- Born: 15 April 1927 Sydney, New South Wales, Australia
- Died: 25 July 2003 (aged 76) Auckland, New Zealand
- Awards: 1964 Golden Shears Awards

= Joan Talbot =

New Zealand fashion designer

Joan Allison Talbot (15 April 1927 – 25 July 2003) was a New Zealand fashion designer and retailer. Her work is held in the permanent collection of the Museum of New Zealand Te Papa Tongarewa.

== Biography ==
Talbot was born in Sydney, Australia, on 15 April 1927, and later moved to New Zealand.

Before becoming a fashion designer, Talbot was a model with clothing manufacturer, Classic. In 1960 she purchased the fashion retailer Tarantella on Vulcan Lane in Auckland, and owned it for 14 years before it closed in 1970. In 1962, Tarantella won a Silver Shears award for leisurewear at the Golden Shears Awards (organised by the Auckland Professional Mannequins Association).

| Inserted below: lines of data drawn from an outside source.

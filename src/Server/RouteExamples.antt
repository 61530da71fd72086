-- ===== src/Server/RouteExamples.antt =====
-- agents/route at work: a request without an account, one for an account, and too many preferences.
use capd.Prelude.{
  ℕ, zero, suc, ◌+◌, ◌-◌, ◌*◌, ◌==◌, String, true, false, none, some, List, [], ◌∷◌, ltb, ◌≡◌, refl,
  arith,
}
use capd.Protocol.{AgentCapabilities, no_capabilities, AgentInfo}
use capd.Session.Store.{Io, changed}
use capd.Account.Store.{Store}
use capd.Account.Routing.{Floats, Reads, normalize_route_task_class}
use capd.Server.Capabilities.{
  AgentRouteParams, index_of, route_score, has_capabilities, count_capabilities,
}
use capd.Server.Candidate.{best_agent, pick}
use capd.Server.Routing.{RouteReads, trimmed}
use capd.Server.RouteAgent.{route_params}
use capd.Server.Routed.{RouteOutcome, route_params-RouteOutcome}

-- Percentages as whole numbers.
abbrev whole : Floats ℕ
whole = record {
  lt = ltb;
  eq = λ x y. x == y;
  add = λ x y. x + y;
  subtract = λ x y. x - y;
  multiply = λ x y. x * y;
  from_nat = λ n. n;
  hundredth = 0;
  is_nan = λ n. false;
  is_inf = λ n. false;
}

abbrev fine : Io
fine = record { fault = none; chmod = λ path. changed; now = 1700000000 }

abbrev reads : Reads
reads = record {
  accounts = fine;
  current = fine;
  quota = λ id. fine;
  health = λ id. fine;
  now = 1700000060;
}

abbrev answers : RouteReads
answers = record {
  select = reads;
  freshness = reads;
  reason = reads;
  evidence = reads;
  candidates = reads;
  account = fine;
  profile = fine;
  members = fine;
}

abbrev agent_of : String → AgentCapabilities → AgentInfo
agent_of id capabilities = record {
  id = id;
  name = id;
  bin = id;
  version = "1";
  available = true;
  capabilities = capabilities;
}

abbrev gemini : AgentInfo
gemini = agent_of "gemini" (record no_capabilities { model = true })

abbrev opencode : AgentInfo
opencode =
    agent_of "opencode" (record no_capabilities { model = true; images = true; resume = true })

abbrev request : AgentRouteParams
request = record {
  prompt = "fix it";
  attachments = record { type = "image"; path = "/a.png"; url = "" } ∷ [];
  account_id = "";
  profile = "";
  task_class = "";
  model = " m ";
  effort = "";
  capabilities = no_capabilities;
  prefer = "gemini" ∷ " " ∷ [];
  require_fresh_quota = false;
}

abbrev store : Store ℕ
store = record {
  path = "";
  accounts = [];
  account_state = [];
  quotas = [];
  session_accounts = [];
  profiles = [];
  members = [];
  profile_state = [];
  health = [];
}

route_params-RouteOutcome_example :
    RouteOutcome
      (trimmed (normalize_route_task_class whole (λ s. s)) request)
      (gemini ∷ opencode ∷ [])
      (route_params whole
        (λ s. s)
        (λ s. s)
        (λ n. "")
        answers
        request
        (some store)
        (gemini ∷ opencode ∷ []))
route_params-RouteOutcome_example =
    route_params-RouteOutcome whole (λ s. s) (λ s. s) (λ n. "") answers request (some store)
      (gemini ∷ opencode ∷ []) (omega arith)

-- An image needs OpenCode, though Gemini is preferred.
image_request :
    best_agent false
      (record no_capabilities { model = true; images = true })
      ("gemini" ∷ [])
      (gemini ∷ opencode ∷ [])
    ≡ some opencode
unfolding best_agent pick has_capabilities route_score count_capabilities index_of
image_request = refl

plain_request :
    best_agent false
      (record no_capabilities { model = true })
      ("gemini" ∷ [])
      (gemini ∷ opencode ∷ [])
    ≡ some gemini
unfolding best_agent pick has_capabilities route_score count_capabilities index_of
plain_request = refl

abbrev many : ℕ → List String → List String
many zero prefer = prefer
many (suc n) prefer = "x" ∷ many n prefer

-- Behind too many other names an agent scores below 0, and the only one that suits is not found.
too_many :
    best_agent false
      (record no_capabilities { model = true })
      (many 1002 ("gemini" ∷ []))
      (gemini ∷ [])
    ≡ none
unfolding best_agent pick has_capabilities route_score count_capabilities index_of
too_many = refl
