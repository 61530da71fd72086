-- ===== src/Session.antt =====
-- internal/session: the registry of sessions, their event logs and the store that keeps them.
pub mod Store
pub mod Channel
pub mod Pump
pub mod Log
pub mod Numbering
pub mod Delivery
pub mod Rows
pub mod Manager
pub mod Persistence
pub mod Recovery
pub mod Subscribe
pub mod End
pub mod Follow
pub mod Lifecycle
pub mod Revival
pub mod Exclusive
pub mod Closing
pub mod Closed
pub mod Queries
mod Examples
mod RevivalExamples
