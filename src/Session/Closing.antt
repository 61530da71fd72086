-- ===== src/Session/Closing.antt =====
-- internal/session/manager.go: Close, on every path, and what Resolve answers behind it.
use mathlib.Core.Path.{ap₂}
use capd.Prelude.{
  ℕ, ◌≡◌, refl, ap, subst, ◌∙◌, String, Option, none, some, List, ◌∷◌, Result, ok, err, lookup,
  remove, lookup-remove, str_eq, if◌then◌else◌,
}
use capd.Protocol.{Code, internal_error, session_not_found}
use capd.Session.Store.{Codec, StoreError, Io, Store, SessionRecord, load_session, mark_ended}
use capd.Session.Pump.{Session}
use capd.Session.Manager.{
  Manager, written, close, close_live, close_found, close_stored, mark_result,
}
use capd.Session.Lifecycle.{lookup-remove_self}

-- What the write of a session's end answers, and the store behind it; without a store there is none.
abbrev pub end_answer : Codec → Io → String → Option Store → Result StoreError (Unit {0})
end_answer json io id none = ok tt
end_answer json io id (some st) = (mark_ended json io id st).0

abbrev pub end_store : Codec → Io → String → Option Store → Option Store
end_store json io id none = none
end_store json io id (some st) = some (mark_ended json io id st).1

-- Of a registered session: only where the write was answered with success is the adapter's Close
-- called, and its answer the result.
abbrev pub ClosedLive :
    Result StoreError (Unit {0})
    → Session
    → List ℕ
    → Result Code (Unit {0})
    → Result Code (Unit {0}) × Manager
    → Type 0
ClosedLive (ok _) s shut closing after =
    (after.1.shut ≡ s.inner.handle ∷ shut) × (after.0 ≡ closing)
ClosedLive (err e) s shut closing after = (after.1.shut ≡ shut) × (after.0 ≡ err internal_error)

abbrev pub end_code : Result StoreError (Unit {0}) → Result Code (Unit {0})
end_code (ok _) = ok tt
end_code (err e) = err internal_error

-- Of a session that only the store knows: it is written where it could be read.
abbrev pub ClosedStored :
    Codec
    → Io
    → String
    → Store
    → Result StoreError SessionRecord
    → Result Code (Unit {0}) × Manager
    → Type 0
ClosedStored json io id st (ok rec) after =
    (after.0 ≡ end_code (mark_ended json io id st).0)
    × (after.1.store ≡ some (mark_ended json io id st).1)
ClosedStored json io id st (err e) after =
    (after.0 ≡ err session_not_found) × (after.1.store ≡ some st)

-- What Close answers, on which handles the adapter's Close has then been called, and the store.
abbrev pub CloseOutcome :
    Codec
    → Io
    → Io
    → Result Code (Unit {0})
    → String
    → Option Session
    → Option Store
    → List ℕ
    → Result Code (Unit {0}) × Manager
    → Type 0
CloseOutcome json load io closing id (some s) store shut after =
    ClosedLive (end_answer json io id store) s shut closing after
    × (after.1.store ≡ end_store json io id store)
CloseOutcome json load io closing id none none shut after =
    (after.1.shut ≡ shut) × (after.0 ≡ err session_not_found) × (after.1.store ≡ none)
CloseOutcome json load io closing id none (some st) shut after =
    (after.1.shut ≡ shut) × ClosedStored json io id st (load_session json load id st) after

close_live-ClosedLive :
    (closing : Result Code (Unit {0})) (s : Session) (m : Manager)
    (r : Result StoreError (Unit {0})) (st : Option Store)
    → let after = close_live closing s (r, record m { store = st }) in
      ClosedLive r s m.shut closing after × (after.1.store ≡ st) × (after.1.sessions ≡ m.sessions)
close_live-ClosedLive closing s m (ok _) st = ((refl, refl), refl, refl)
close_live-ClosedLive closing s m (err e) st = ((refl, refl), refl, refl)

mark_result_frame :
    (w : Result StoreError (Unit {0}) × Manager)
    → ((mark_result w).1.shut ≡ w.1.shut)
      × ((mark_result w).1.sessions ≡ w.1.sessions)
      × ((mark_result w).0 ≡ end_code w.0)
      × ((mark_result w).1.store ≡ w.1.store)
mark_result_frame (ok _, m) = (refl, refl, refl, refl)
mark_result_frame (err e, m) = (refl, refl, refl, refl)

close_stored-ClosedStored :
    (json : Codec) (io : Io) (id : String) (st : Store) (m : Manager)
    (r : Result StoreError SessionRecord)
    → m.store ≡ some st
    → let after = close_stored json io id st m r in
      ((after.1.shut ≡ m.shut) × ClosedStored json io id st r after)
      × (after.1.sessions ≡ m.sessions)
close_stored-ClosedStored json io id st m (err e) h = ((refl, (refl, h)), refl)
close_stored-ClosedStored json io id st m (ok rec) h =
    let (shut, sessions, answer, store) =
      mark_result_frame (written m (mark_ended json io id st)) in
    ((shut, (answer, store)), sessions)

close_found-CloseOutcome :
    (json : Codec) (load io : Io) (closing : Result Code (Unit {0})) (id : String)
    (found : Option Session) (store : Option Store) (m : Manager)
    → m.store ≡ store
    → let after = close_found json load io closing id found store m in
      CloseOutcome json load io closing id found store m.shut after
      × (after.1.sessions ≡ m.sessions)
close_found-CloseOutcome json load io closing id none none m h = ((refl, refl, h), refl)
close_found-CloseOutcome json load io closing id none (some st) m h =
    close_stored-ClosedStored json io id st m (load_session json load id st) h
close_found-CloseOutcome json load io closing id (some s) none m h = (((refl, refl), h), refl)
close_found-CloseOutcome json load io closing id (some s) (some st) m h =
    let (outcome, store, sessions) =
      close_live-ClosedLive closing s m (mark_ended json io id st).0
        (some (mark_ended json io id st).1) in
    ((outcome, store), sessions)

-- The adapter's Close is called only on a registered session.
unregistered_shut :
    (json : Codec) (load io : Io) (closing : Result Code (Unit {0})) (id : String)
    (store : Option Store) (shut : List ℕ) (after : Result Code (Unit {0}) × Manager)
    → CloseOutcome json load io closing id none store shut after
    → after.1.shut ≡ shut
unregistered_shut json load io closing id none shut after h = h.0
unregistered_shut json load io closing id (some st) shut after h = h.0

-- After Close the session is not registered, and any other is as before. Of a registered session the
-- end is first written to the store, if there is one: where that fails the answer is an internal error
-- and the adapter's session is left running, and otherwise the adapter's session is closed, and its
-- answer is the result. Of one that is not registered no adapter session is closed: the answer is that
-- there is no such session, without a store or where it cannot be read there, and otherwise success or
-- an internal error by the write of its end. The store is the one behind that write.
pub close-CloseOutcome :
    (json : Codec) (load io : Io) (closing : Result Code (Unit {0})) (id other : String)
    (m : Manager)
    → let after = close json load io closing id m in
      (lookup id after.1.sessions ≡ none)
      × (lookup other after.1.sessions
          ≡ (if str_eq id other then none else lookup other m.sessions))
      × CloseOutcome json load io closing id (lookup id m.sessions) m.store m.shut after
unfolding close
close-CloseOutcome json load io closing id other m =
    let (outcome, frame) =
      close_found-CloseOutcome json load io closing id (lookup id m.sessions) m.store
        (record m { sessions = remove id m.sessions }) refl in
    (
      ap (lookup id) frame ∙ lookup-remove_self id m.sessions,
      ap (lookup other) frame ∙ lookup-remove id other m.sessions,
      outcome,
    )

close_failed_mark :
    (json : Codec) (load io : Io) (closing : Result Code (Unit {0})) (id : String) (s : Session)
    (st : Store) (e : StoreError) (m : Manager)
    → (mark_ended json io id st).0 ≡ err e
    → (close_found json load io closing id (some s) (some st) m).1.shut ≡ m.shut
close_failed_mark json load io closing id s st e m h =
    ap (λ r. (close_live closing s (written m (r, (mark_ended json io id st).1))).1.shut) h

-- A registered session whose end cannot be written is unregistered with its adapter session left
-- running, and no later Close of it, with whatever answers, closes that either.
pub close_leaks :
    (json : Codec) (load io load' io' : Io) (closing closing' : Result Code (Unit {0}))
    (id : String) (s : Session) (st : Store) (e : StoreError) (m : Manager)
    → lookup id m.sessions ≡ some s
    → m.store ≡ some st
    → (mark_ended json io id st).0 ≡ err e
    → let after = (close json load io closing id m).1 in
      (lookup id after.sessions ≡ none)
      × (after.shut ≡ m.shut)
      × ((close json load' io' closing' id after).1.shut ≡ m.shut)
unfolding close
close_leaks json load io load' io' closing closing' id s st e m h k f =
    let after = (close json load io closing id m).1 in
    let gone : lookup id after.sessions ≡ none =
      (close-CloseOutcome json load io closing id id m).0 in
    let kept : after.shut ≡ m.shut =
      ap₂ (λ o t. (close_found json load io closing id o t taken).1.shut) h k
      ∙ close_failed_mark json load io closing id s st e taken f in
    (
      gone,
      kept,
      unregistered_shut json load' io' closing' id after.store after.shut
            (close json load' io' closing' id after)
            (subst
              (λ o.
                CloseOutcome json load' io' closing' id o after.store after.shut
                  (close json load' io' closing' id after))
              gone (close-CloseOutcome json load' io' closing' id id after).2)
          ∙ kept,
    )
  where
    taken : Manager
    taken = record m { sessions = remove id m.sessions }
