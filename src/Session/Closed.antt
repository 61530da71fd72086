-- ===== src/Session/Closed.antt =====
-- internal/session/manager.go: a session that was closed is never revived.
use capd.Prelude.{
  ◌≡◌, refl, ap, ◌∙◌, inl, inr, String, true, false, not, Option, none, some, List, [], ◌∷◌, arith,
  Result, ok, err, lookup, remove, first, any, keep, str_eq, if◌then◌else◌, Option-cases,
}
use capd.Protocol.{Code, session_closed}
use capd.Session.Store.{
  Codec, StoreError, Io, Store, SessionRow, SessionRecord, exec, load_session, mark_ended,
  update_session, to_record,
}
use capd.Session.Pump.{Session}
use capd.Session.Manager.{
  Manager, written, revives, ReviveIo, revive_record, resolve_revive, resolve, close, close_live,
  close_found, close_stored, mark_result, revived, revive_known, resolve_from, joins, begin_with,
  begin_revival,
}
use capd.Session.Closing.{close-CloseOutcome}

abbrev marked : SessionRow → SessionRow
marked r = record r { ended = true }

first-update_session :
    (id : String) (rows : List SessionRow) (row : SessionRow)
    → first (λ r. str_eq r.id id) rows ≡ some row
    → first (λ r. str_eq r.id id) (update_session id marked rows) ≡ some (marked row)
unfolding update_session
first-update_session id [] row h = cc
first-update_session id (r ∷ rows) row h = ground (arith, first-update_session id rows row)

-- A write that is answered with success has been made.
mark_ended-sessions :
    (json : Codec) (io : Io) (id : String) (st : Store)
    → (mark_ended json io id st).0 ≡ ok tt
    → (mark_ended json io id st).1.sessions ≡ update_session id marked st.sessions
unfolding mark_ended exec
mark_ended-sessions json io id st h = elim (Option-cases io.fault) [
  | inl fine ↦ rw (fine, exec) refl
  | inr (e, broken) ↦ absurd (cc (h, broken))
]

load_session-ended :
    (json : Codec) (io : Io) (id : String) (st : Store) (row : SessionRow)
    → io.fault ≡ none
    → first (λ r. str_eq r.id id) st.sessions ≡ some row
    → load_session json io id st ≡ ok (record (to_record json row) { created_at = 0 })
unfolding load_session
load_session-ended json io id st row h k = rw h (rw k refl)

mark_result-store :
    (w : Result StoreError (Unit {0}) × Manager)
    → ((mark_result w).1.store ≡ w.1.store) × ((mark_result w).1.reviving ≡ w.1.reviving)
mark_result-store (ok _, m) = (refl, refl)
mark_result-store (err e, m) = (refl, refl)

close_live-store :
    (closing : Result Code (Unit {0})) (s : Session) (w : Result StoreError (Unit {0}) × Manager)
    → ((close_live closing s w).1.store ≡ w.1.store)
      × ((close_live closing s w).1.reviving ≡ w.1.reviving)
close_live-store closing s (ok _, m) = (refl, refl)
close_live-store closing s (err e, m) = (refl, refl)

-- The registry that Close leaves, when the store answered the write with success.
close_found-store :
    (json : Codec) (load io : Io) (closing : Result Code (Unit {0})) (id : String)
    (found : Option Session) (st : Store) (m : Manager) (row : SessionRow)
    → load.fault ≡ none
    → first (λ r. str_eq r.id id) st.sessions ≡ some row
    → (mark_ended json io id st).0 ≡ ok tt
    → let after = (close_found json load io closing id found (some st) m).1 in
      (after.store ≡ some (mark_ended json io id st).1) × (after.reviving ≡ m.reviving)
close_found-store json load io closing id none st m row h k ok_mark =
    let w = written m (mark_ended json io id st) in
    let read = load_session-ended json load id st row h k in
    (
      ap (λ r. (close_stored json io id st m r).1.store) read ∙ (mark_result-store w).0,
      ap (λ r. (close_stored json io id st m r).1.reviving) read ∙ (mark_result-store w).1,
    )
close_found-store json load io closing id (some s) st m row h k ok_mark =
    close_live-store closing s (written m (mark_ended json io id st))

-- Resolve of a session that is not registered, nor being revived, reads the store.
resolve_stored :
    (json : Codec) (io : ReviveIo) (other : Result Code Session) (id : String) (st : Store)
    (m : Manager)
    → lookup id m.sessions ≡ none
    → m.store ≡ some st
    → any (λ r. str_eq r id) m.reviving ≡ false
    → resolve json io other id m
      ≡ resolve_revive json io id st (record m { reviving = id ∷ m.reviving })
unfolding resolve
resolve_stored json io other id st m h k idle = ap (resolve_from json io other id) (
    ap (λ o. begin_with id o m) h
    ∙ ap (λ o. begin_revival id o m) k
    ∙ ap (λ b. if b then (joins, m) else (revives st, record m { reviving = id ∷ m.reviving }))
        idle)

revive_ended :
    (json : Codec) (io : ReviveIo) (id : String) (st : Store) (m : Manager) (rec : SessionRecord)
    → load_session json io.load id st ≡ ok rec
    → rec.ended ≡ true
    → (resolve_revive json io id st m).0 ≡ err session_closed
unfolding resolve_revive
revive_ended json io id st m rec h ended =
    ap (λ r. (revived taken (revive_record json io r m st)).0) h
    ∙ ap (λ b. (revived taken (if b then err session_closed else revive_known json io rec m st)).0)
        ended
  where
    taken : Manager
    taken = record m { reviving = keep (λ r. not (str_eq r id)) m.reviving }

-- When the store has the session and its write of the end is answered with success, then after Close a
-- Resolve that can read the store, with nobody else reviving the session, answers that it is closed.
pub close_then_resolve :
    (json : Codec) (load io : Io) (closing : Result Code (Unit {0})) (id : String) (m : Manager)
    (st : Store) (row : SessionRow) (rio : ReviveIo) (other : Result Code Session)
    → m.store ≡ some st
    → first (λ r. str_eq r.id id) st.sessions ≡ some row
    → load.fault ≡ none
    → (mark_ended json io id st).0 ≡ ok tt
    → any (λ r. str_eq r id) m.reviving ≡ false
    → rio.load.fault ≡ none
    → (resolve json rio other id (close json load io closing id m).1).0 ≡ err session_closed
unfolding close to_record
close_then_resolve json load io closing id m st row rio other stored k h mark idle r =
    let after = (close json load io closing id m).1 in
    let st' = (mark_ended json io id st).1 in
    let gone : lookup id after.sessions ≡ none =
      (close-CloseOutcome json load io closing id id m).0 in
    let taken : Manager = record m { sessions = remove id m.sessions } in
    let (store, reviving) =
      close_found-store json load io closing id (lookup id m.sessions) st taken row h k mark in
    let as_found : after
        ≡ (close_found json load io closing id (lookup id m.sessions) (some st) taken).1 =
      ap (λ o. (close_found json load io closing id (lookup id m.sessions) o taken).1) stored in
    ap (λ p. p.0)
      (resolve_stored json rio other id st' after gone (ap (λ t. t.store) as_found ∙ store)
        (ap (any (λ x. str_eq x id)) (ap (λ t. t.reviving) as_found ∙ reviving) ∙ idle))
    ∙ revive_ended json rio id st' _ _
        (load_session-ended json rio.load id st' (marked row) r (
          ap (first (λ x. str_eq x.id id)) (mark_ended-sessions json io id st mark)
          ∙ first-update_session id st.sessions row k))
        refl
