-- ===== src/Session/Log.antt =====
-- internal/session/manager.go: what a run of the pump announces, as one list, and how the session
-- follows from it. `log_of` is the sequence of events of a run; `grow` says what a session is after
-- a log, with no regard to how the loop came by it.
use mathlib.Core.List.{map-map}
use mathlib.Core.Path.{fun_ext}
use capd.Prelude.{
  ℕ, ◌≤◌, ◌≡◌, refl, sym, ap, ◌∙◌, subst, String, Option, List, [], ◌∷◌, ◌++◌, map, append-nil,
  append_assoc, arith, Result, ok, err, Bool-cases, length, last_n, length-last_n, last_n-short,
  last_n-append, ltb, inl, inr,
}
use capd.Protocol.{Event}
use capd.Session.Store.{Codec, StoreError, Store}
use capd.Session.Channel.{Subscriber, offer}
use capd.Session.Pump.{
  Session, PersistIo, max_buffer, succ_u64, trim, broadcast_locked, cut, record_event, stamp,
  persist, failure_event, persist_message, report, pump_event, pump_loop,
}

-- A log offered to one subscriber, event after event.
unfoldable pub deliver : List Event → Subscriber → Subscriber
deliver [] sub = sub
deliver (ev ∷ evs) sub = deliver evs (offer ev sub)

unfoldable pub advance : ℕ → List Event → ℕ
advance n [] = n
advance n (ev ∷ evs) = advance (succ_u64 n) evs

unfoldable pub grow : List Event → Session → Session
unfolding deliver advance
grow log s = record s {
  buf = last_n max_buffer (s.buf ++ log);
  next_seq = advance s.next_seq log;
  subs = map (deliver log) s.subs;
}

abbrev write_of :
    Codec → PersistIo → Event → Session → Option Store → Result StoreError (Unit {0}) × Option Store
write_of json io raw s st = persist json io (cut (record_event (stamp s raw) s)) (stamp s raw) st

-- The announcement of a failed write.
abbrev pub reports : Event → Session → Result StoreError (Unit {0}) → List Event
reports ev s (ok _) = []
reports ev s (err e) = failure_event (record_event ev s) (persist_message ev.seq e) ∷ []

abbrev pub entries : Codec → PersistIo → Event → Session → Option Store → List Event
entries json io raw s st = stamp s raw ∷ reports (stamp s raw) s (write_of json io raw s st).0

unfoldable pub log_of : Codec → List (PersistIo × Event) → Session → Option Store → List Event
log_of json [] s st = []
log_of json ((io, raw) ∷ evs) s st =
    let (s', st') = pump_event json io raw s st in
    entries json io raw s st ++ log_of json evs s' st'

trim-eq-last_n : (buf : List Event) → trim buf ≡ last_n max_buffer buf
unfolding trim
trim-eq-last_n buf = elim (Bool-cases (ltb max_buffer (length buf))) [
  | inl long ↦ rw long
  | inr short ↦ rw short (sym (last_n-short max_buffer buf (ground arith)))
]

deliver-append :
    (xs ys : List Event) (sub : Subscriber) → deliver ys (deliver xs sub) ≡ deliver (xs ++ ys) sub
unfolding deliver
deliver-append [] ys sub = refl
deliver-append (x ∷ xs) ys sub = deliver-append xs ys (offer x sub)

advance-append : (n : ℕ) (xs ys : List Event) → advance (advance n xs) ys ≡ advance n (xs ++ ys)
unfolding advance
advance-append n [] ys = refl
advance-append n (x ∷ xs) ys = advance-append (succ_u64 n) xs ys

pub grow-append : (xs ys : List Event) (s : Session) → grow ys (grow xs s) ≡ grow (xs ++ ys) s
unfolding grow
grow-append xs ys s = λ i. record s {
  buf =
      (last_n-append max_buffer (s.buf ++ xs) ys
          ∙ ap (last_n max_buffer) (append_assoc s.buf xs ys))
        i;
  next_seq = advance-append s.next_seq xs ys i;
  subs =
      (map-map (deliver ys) (deliver xs) s.subs
          ∙ ap (λ f. map f s.subs) (fun_ext (deliver-append xs ys)))
        i;
}

map-deliver-nil : (subs : List Subscriber) → map (deliver []) subs ≡ subs
unfolding deliver
map-deliver-nil [] = refl
map-deliver-nil (sub ∷ subs) = ap (◌∷◌ sub) (map-deliver-nil subs)

grow-nil : (s : Session) → length s.buf ≤ max_buffer → grow [] s ≡ s
unfolding grow
grow-nil s h = λ i. record s {
  buf = (ap (last_n max_buffer) (append-nil s.buf) ∙ last_n-short max_buffer s.buf h) i;
  next_seq = s.next_seq;
  subs = map-deliver-nil s.subs i;
}

pub length-grow_buf : (log : List Event) (s : Session) → length (grow log s).buf ≤ max_buffer
unfolding grow
length-grow_buf log s = length-last_n max_buffer (s.buf ++ log)

-- Stamping, buffering and broadcasting one event.
announce-grow :
    (ev : Event) (s : Session) → broadcast_locked ev (cut (record_event ev s)) ≡ grow (ev ∷ []) s
unfolding grow broadcast_locked
announce-grow ev s = λ i. record s {
  buf = trim-eq-last_n (s.buf ++ ev ∷ []) i;
  next_seq = succ_u64 s.next_seq;
  subs = map (offer ev) s.subs;
}

report-grow :
    (ev : Event) (s t : Session) (r : Result StoreError (Unit {0}))
    → t ≡ grow (ev ∷ []) s
    → report ev r t ≡ grow (ev ∷ reports ev s r) s
unfolding report failure_event grow
report-grow ev s t (ok _) e = e
report-grow ev s t (err x) e =
    ap
      (λ u.
        broadcast_locked (failure_event u message) (cut (record_event (failure_event u message) u)))
      e
    ∙ announce-grow (failure_event (record_event ev s) message) (grow (ev ∷ []) s)
    ∙ grow-append (ev ∷ []) (failure_event (record_event ev s) message ∷ []) s
  where
    message : String
    message = persist_message ev.seq x

pub pump_event-grow :
    (json : Codec) (io : PersistIo) (raw : Event) (s : Session) (st : Option Store)
    → (pump_event json io raw s st).0 ≡ grow (entries json io raw s st) s
unfolding pump_event
pump_event-grow json io raw s st =
    report-grow (stamp s raw) s _ (write_of json io raw s st).0 (announce-grow (stamp s raw) s)

-- A run of the pump leaves the session that its log describes.
pub pump_loop-grow :
    (json : Codec) (evs : List (PersistIo × Event)) (s : Session) (st : Option Store)
    → length s.buf ≤ max_buffer
    → (pump_loop json evs s st).0 ≡ grow (log_of json evs s st) s
unfolding pump_loop log_of
pump_loop-grow json [] s st h = sym (grow-nil s h)
pump_loop-grow json ((io, raw) ∷ evs) s st h =
    pump_loop-grow json evs _ _
      (subst (λ (t : Session). length t.buf ≤ max_buffer) (sym step) short)
    ∙ ap (grow (log_of json evs (pump_event json io raw s st).0 (pump_event json io raw s st).1))
        step
    ∙ grow-append (entries json io raw s st) _ s
  where
    step : (pump_event json io raw s st).0 ≡ grow (entries json io raw s st) s
    step = pump_event-grow json io raw s st

    short : length (grow (entries json io raw s st) s).buf ≤ max_buffer
    short = length-grow_buf (entries json io raw s st) s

In 1964, Talbot created a wool evening gown and cape with plissé pleats that won the Golden Shears. This gown was later worn by Jan Furness in the Miss New Zealand contest. It is now held at the Museum of New Zealand Te Papa Tongarewa.

Talbot was the president of the Vulcan Lane Association, which helped pedestrianise Vulcan Lane in 1968. She died on 25 July 2003, aged 76.